Aim of the task: The records below should be set down in full, please, without any change.

___ Records for this task ___

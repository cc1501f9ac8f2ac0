-- ===== src/Cleanup/Totals.antt =====
-- The result of a cleanup of src/persistence/cleanup.rs.
use geodineum_comms.Prelude.{
  String, ℕ, ◌+◌, ◌≡◌, refl, Bool, true, false, Option, none, some, length, ltb, arith,
  if◌then◌else◌,
}
use geodineum_comms.Prelude.{◌*◌, ◌%◌, ◌^◌, ◌&&◌}
use geodineum_comms.Prelude.Dict.{or_else}
use geodineum_comms.Errors.{CommsError, Result, ok, err}
use geodineum_comms.Archive.{Table}
use geodineum_comms.Cleanup.{RetentionConfig, CleanupResult, Site, connect}
use geodineum_comms.Cleanup.Sites.{
  delete_by_age, delete_by_count, delete_by_size, deleted, vacuumed, finish, cleanup_size,
  cleanup_count, cleanup_spam, cleanup_age, opened, cleanup_site,
}
use geodineum_comms.Cleanup.{nothing_deleted}
use geodineum_comms.Cleanup.Counts.{
  IsCounted, when-IsCounted, delete_by_age-IsCounted, delete_spam-IsCounted,
  delete_by_count-IsCounted, delete_by_size-IsCounted,
}

-- The rows before a cleanup are those that are left and as many as its result says, which is the sum of
-- the counts of its four stages.
pub record Adds (before after : Table) (r : CleanupResult) : Type 0 where
  pub rows : length after + r.total_deleted ≡ length before
  pub total :
      r.total_deleted
      ≡ r.deleted_by_age + (r.deleted_spam + (r.deleted_by_count + r.deleted_by_size))

abbrev pub AddsUp : Table → Table × Result CleanupResult → Type 0
AddsUp before (t, ok r) = Adds before t r
AddsUp before (t, err e) = Unit {0}

vacuumed-Adds :
    (o : Option String) (before t : Table) (r : CleanupResult)
    → Adds before t r
    → Adds before t (vacuumed o r)
vacuumed-Adds none before t r h = record { rows = h.rows; total = h.total }
vacuumed-Adds (some e) before t r h = record { rows = h.rows; total = h.total }

finish-AddsUp :
    (site : Site) (c : RetentionConfig) (before t : Table) (r : CleanupResult)
    → Adds before t r
    → AddsUp before (finish site c t r)
finish-AddsUp site c before t r h = by_vacuum (c.vacuum_after_cleanup && ltb 0 r.total_deleted)
  where
    sized :
        (x : CleanupResult)
        → Adds before t x
        → Adds before t (record x { size_after = or_else site.size_at_end x.size_before })
    sized x k = record { rows = k.rows; total = k.total }

    by_vacuum :
        (b : Bool)
        → Adds before t (record (if b then vacuumed site.vacuum_error r else r) {
          size_after =
              or_else site.size_at_end (if b then vacuumed site.vacuum_error r else r).size_before;
        })
    by_vacuum true =
        sized (vacuumed site.vacuum_error r) (vacuumed-Adds site.vacuum_error before t r h)
    by_vacuum false = sized r h

-- a stage that sets a count which was none
deleted-AddsUp :
    (before t : Table) (f : ℕ → CleanupResult) (x : Table × Result ℕ)
    (k : Table → CleanupResult → Table × Result CleanupResult)
    → IsCounted t x
    → ((u : Table) (n : ℕ) → length u + n ≡ length t → AddsUp before (k u (f n)))
    → AddsUp before (deleted f x k)
unfolding IsCounted
deleted-AddsUp before t f (u, ok n) k h g = g u n h
deleted-AddsUp before t f (u, err e) k h g = tt

cleanup_size-AddsUp :
    (site : Site) (c : RetentionConfig) (before t : Table) (r : CleanupResult)
    → Adds before t r
    → r.deleted_by_size ≡ 0
    → AddsUp before (cleanup_size site c t r)
cleanup_size-AddsUp site c before t r h z =
    deleted-AddsUp before t
      (λ n. record r { deleted_by_size = n; total_deleted = r.total_deleted + n }) _ (finish site c)
      (when-IsCounted (ltb 0 c.max_db_size_mb)
        (delete_by_size site (c.max_db_size_mb * 1_024 * 1_024 % 2 ^ 64) c.min_messages_keep) t
        (delete_by_size-IsCounted site _ _ t))
      (λ u n e.
        finish-AddsUp site c before u
          (record r { deleted_by_size = n; total_deleted = r.total_deleted + n })
          (record { rows = omega (arith, h.rows, e); total = omega (arith, h.total, z) }))

cleanup_count-AddsUp :
    (site : Site) (c : RetentionConfig) (before t : Table) (r : CleanupResult)
    → Adds before t r
    → r.deleted_by_count ≡ 0
    → r.deleted_by_size ≡ 0
    → AddsUp before (cleanup_count site c t r)
cleanup_count-AddsUp site c before t r h y z =
    deleted-AddsUp before t
      (λ n. record r { deleted_by_count = n; total_deleted = r.total_deleted + n }) _
      (cleanup_size site c)
      (when-IsCounted (ltb 0 c.max_messages_per_site)
        (delete_by_count site c.max_messages_per_site c.min_messages_keep) t
        (delete_by_count-IsCounted site _ _ t))
      (λ u n e.
        cleanup_size-AddsUp site c before u
          (record r { deleted_by_count = n; total_deleted = r.total_deleted + n })
          (record { rows = omega (arith, h.rows, e); total = omega (arith, h.total, y) }) z)

cleanup_spam-AddsUp :
    (site : Site) (c : RetentionConfig) (before t : Table) (r : CleanupResult)
    → Adds before t r
    → r.deleted_spam ≡ 0
    → r.deleted_by_count ≡ 0
    → r.deleted_by_size ≡ 0
    → AddsUp before (cleanup_spam site c t r)
cleanup_spam-AddsUp site c before t r h x y z =
    deleted-AddsUp before t
      (λ n. record r { deleted_spam = n; total_deleted = r.total_deleted + n }) _
      (cleanup_count site c) (delete_spam-IsCounted site c.spam_policy t)
      (λ u n e.
        cleanup_count-AddsUp site c before u
          (record r { deleted_spam = n; total_deleted = r.total_deleted + n })
          (record { rows = omega (arith, h.rows, e); total = omega (arith, h.total, x) }) y z)

cleanup_age-AddsUp :
    (site : Site) (c : RetentionConfig) (t : Table) (size : ℕ)
    → AddsUp t (cleanup_age site c t (record nothing_deleted { size_before = size }))
cleanup_age-AddsUp site c t size =
    let r = record nothing_deleted { size_before = size } in
    deleted-AddsUp t t (λ n. record r { deleted_by_age = n; total_deleted = r.total_deleted + n }) _
      (cleanup_spam site c)
      (when-IsCounted (ltb 0 c.max_age_days) (delete_by_age site c) t
        (delete_by_age-IsCounted site c t))
      (λ u n e.
        cleanup_spam-AddsUp site c t u
          (record r { deleted_by_age = n; total_deleted = r.total_deleted + n })
          (record { rows = omega (arith, e); total = omega arith }) refl refl refl)

opened-AddsUp :
    (p : Option CommsError) (o : Option String) (t : Table) (x : Table × Result CleanupResult)
    → AddsUp t x
    → AddsUp t (opened p o t x)
opened-AddsUp (some e) o t x h = tt
opened-AddsUp none none t x h = h
opened-AddsUp none (some e) t x h = tt

-- A cleanup that ends without an error has removed just as many messages as its result says, and the
-- total is the sum of the counts by age, of spam, by count and by size.
pub cleanup_site-AddsUp :
    (site : Site) (c : RetentionConfig) (t : Table) → AddsUp t (cleanup_site site c t)
unfolding cleanup_site
cleanup_site-AddsUp site c t =
    opened-AddsUp site.pool_error (site.error connect) t _
      (cleanup_age-AddsUp site c t (or_else site.size_at_start 0))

___

Result of this exercise:
repository cc1501f9ac8f2ac0
-- ===== src/Cleanup/Totals.antt =====
-- The result of a cleanup of src/persistence/cleanup.rs.
use geodineum_comms.Prelude.{
  String, ℕ, ◌+◌, ◌≡◌, refl, Bool, true, false, Option, none, some, length, ltb, arith,
  if◌then◌else◌,
}
use geodineum_comms.Prelude.{◌*◌, ◌%◌, ◌^◌, ◌&&◌}
use geodineum_comms.Prelude.Dict.{or_else}
use geodineum_comms.Errors.{CommsError, Result, ok, err}
use geodineum_comms.Archive.{Table}
use geodineum_comms.Cleanup.{RetentionConfig, CleanupResult, Site, connect}
use geodineum_comms.Cleanup.Sites.{
  delete_by_age, delete_by_count, delete_by_size, deleted, vacuumed, finish, cleanup_size,
  cleanup_count, cleanup_spam, cleanup_age, opened, cleanup_site,
}
use geodineum_comms.Cleanup.{nothing_deleted}
use geodineum_comms.Cleanup.Counts.{
  IsCounted, when-IsCounted, delete_by_age-IsCounted, delete_spam-IsCounted,
  delete_by_count-IsCounted, delete_by_size-IsCounted,
}

-- The rows before a cleanup are those that are left and as many as its result says, which is the sum of
-- the counts of its four stages.
pub record Adds (before after : Table) (r : CleanupResult) : Type 0 where
  pub rows : length after + r.total_deleted ≡ length before
  pub total :
      r.total_deleted
      ≡ r.deleted_by_age + (r.deleted_spam + (r.deleted_by_count + r.deleted_by_size))

abbrev pub AddsUp : Table → Table × Result CleanupResult → Type 0
AddsUp before (t, ok r) = Adds before t r
AddsUp before (t, err e) = Unit {0}

vacuumed-Adds :
    (o : Option String) (before t : Table) (r : CleanupResult)
    → Adds before t r
    → Adds before t (vacuumed o r)
vacuumed-Adds none before t r h = record { rows = h.rows; total = h.total }
vacuumed-Adds (some e) before t r h = record { rows = h.rows; total = h.total }

finish-AddsUp :
    (site : Site) (c : RetentionConfig) (before t : Table) (r : CleanupResult)
    → Adds before t r
    → AddsUp before (finish site c t r)
finish-AddsUp site c before t r h = by_vacuum (c.vacuum_after_cleanup && ltb 0 r.total_deleted)
  where
    sized :
        (x : CleanupResult)
        → Adds before t x
        → Adds before t (record x { size_after = or_else site.size_at_end x.size_before })
    sized x k = record { rows = k.rows; total = k.total }

    by_vacuum :
        (b : Bool)
        → Adds before t (record (if b then vacuumed site.vacuum_error r else r) {
          size_after =
              or_else site.size_at_end (if b then vacuumed site.vacuum_error r else r).size_before;
        })
    by_vacuum true =
        sized (vacuumed site.vacuum_error r) (vacuumed-Adds site.vacuum_error before t r h)
    by_vacuum false = sized r h

-- a stage that sets a count which was none
deleted-AddsUp :
    (before t : Table) (f : ℕ → CleanupResult) (x : Table × Result ℕ)
    (k : Table → CleanupResult → Table × Result CleanupResult)
    → IsCounted t x
    → ((u : Table) (n : ℕ) → length u + n ≡ length t → AddsUp before (k u (f n)))
    → AddsUp before (deleted f x k)
unfolding IsCounted
deleted-AddsUp before t f (u, ok n) k h g = g u n h
deleted-AddsUp before t f (u, err e) k h g = tt

cleanup_size-AddsUp :
    (site : Site) (c : RetentionConfig) (before t : Table) (r : CleanupResult)
    → Adds before t r
    → r.deleted_by_size ≡ 0
    → AddsUp before (cleanup_size site c t r)
cleanup_size-AddsUp site c before t r h z =
    deleted-AddsUp before t
      (λ n. record r { deleted_by_size = n; total_deleted = r.total_deleted + n }) _ (finish site c)
      (when-IsCounted (ltb 0 c.max_db_size_mb)
        (delete_by_size site (c.max_db_size_mb * 1_024 * 1_024 % 2 ^ 64) c.min_messages_keep) t
        (delete_by_size-IsCounted site _ _ t))
      (λ u n e.
        finish-AddsUp site c before u
          (record r { deleted_by_size = n; total_deleted = r.total_deleted + n })
          (record { rows = omega (arith, h.rows, e); total = omega (arith, h.total, z) }))

cleanup_count-AddsUp :
    (site : Site) (c : RetentionConfig) (before t : Table) (r : CleanupResult)
    → Adds before t r
    → r.deleted_by_count ≡ 0
    → r.deleted_by_size ≡ 0
    → AddsUp before (cleanup_count site c t r)
cleanup_count-AddsUp site c before t r h y z =
    deleted-AddsUp before t
      (λ n. record r { deleted_by_count = n; total_deleted = r.total_deleted + n }) _
      (cleanup_size site c)
      (when-IsCounted (ltb 0 c.max_messages_per_site)
        (delete_by_count site c.max_messages_per_site c.min_messages_keep) t
        (delete_by_count-IsCounted site _ _ t))
      (λ u n e.
        cleanup_size-AddsUp site c before u
          (record r { deleted_by_count = n; total_deleted = r.total_deleted + n })
          (record { rows = omega (arith, h.rows, e); total = omega (arith, h.total, y) }) z)

cleanup_spam-AddsUp :
    (site : Site) (c : RetentionConfig) (before t : Table) (r : CleanupResult)
    → Adds before t r
    → r.deleted_spam ≡ 0
    → r.deleted_by_count ≡ 0
    → r.deleted_by_size ≡ 0
    → AddsUp before (cleanup_spam site c t r)
cleanup_spam-AddsUp site c before t r h x y z =
    deleted-AddsUp before t
      (λ n. record r { deleted_spam = n; total_deleted = r.total_deleted + n }) _
      (cleanup_count site c) (delete_spam-IsCounted site c.spam_policy t)
      (λ u n e.
        cleanup_count-AddsUp site c before u
          (record r { deleted_spam = n; total_deleted = r.total_deleted + n })
          (record { rows = omega (arith, h.rows, e); total = omega (arith, h.total, x) }) y z)

cleanup_age-AddsUp :
    (site : Site) (c : RetentionConfig) (t : Table) (size : ℕ)
    → AddsUp t (cleanup_age site c t (record nothing_deleted { size_before = size }))
cleanup_age-AddsUp site c t size =
    let r = record nothing_deleted { size_before = size } in
    deleted-AddsUp t t (λ n. record r { deleted_by_age = n; total_deleted = r.total_deleted + n }) _
      (cleanup_spam site c)
      (when-IsCounted (ltb 0 c.max_age_days) (delete_by_age site c) t
        (delete_by_age-IsCounted site c t))
      (λ u n e.
        cleanup_spam-AddsUp site c t u
          (record r { deleted_by_age = n; total_deleted = r.total_deleted + n })
          (record { rows = omega (arith, e); total = omega arith }) refl refl refl)

opened-AddsUp :
    (p : Option CommsError) (o : Option String) (t : Table) (x : Table × Result CleanupResult)
    → AddsUp t x
    → AddsUp t (opened p o t x)
opened-AddsUp (some e) o t x h = tt
opened-AddsUp none none t x h = h
opened-AddsUp none (some e) t x h = tt

-- A cleanup that ends without an error has removed just as many messages as its result says, and the
-- total is the sum of the counts by age, of spam, by count and by size.
pub cleanup_site-AddsUp :
    (site : Site) (c : RetentionConfig) (t : Table) → AddsUp t (cleanup_site site c t)
unfolding cleanup_site
cleanup_site-AddsUp site c t =
    opened-AddsUp site.pool_error (site.error connect) t _
      (cleanup_age-AddsUp site c t (or_else site.size_at_start 0))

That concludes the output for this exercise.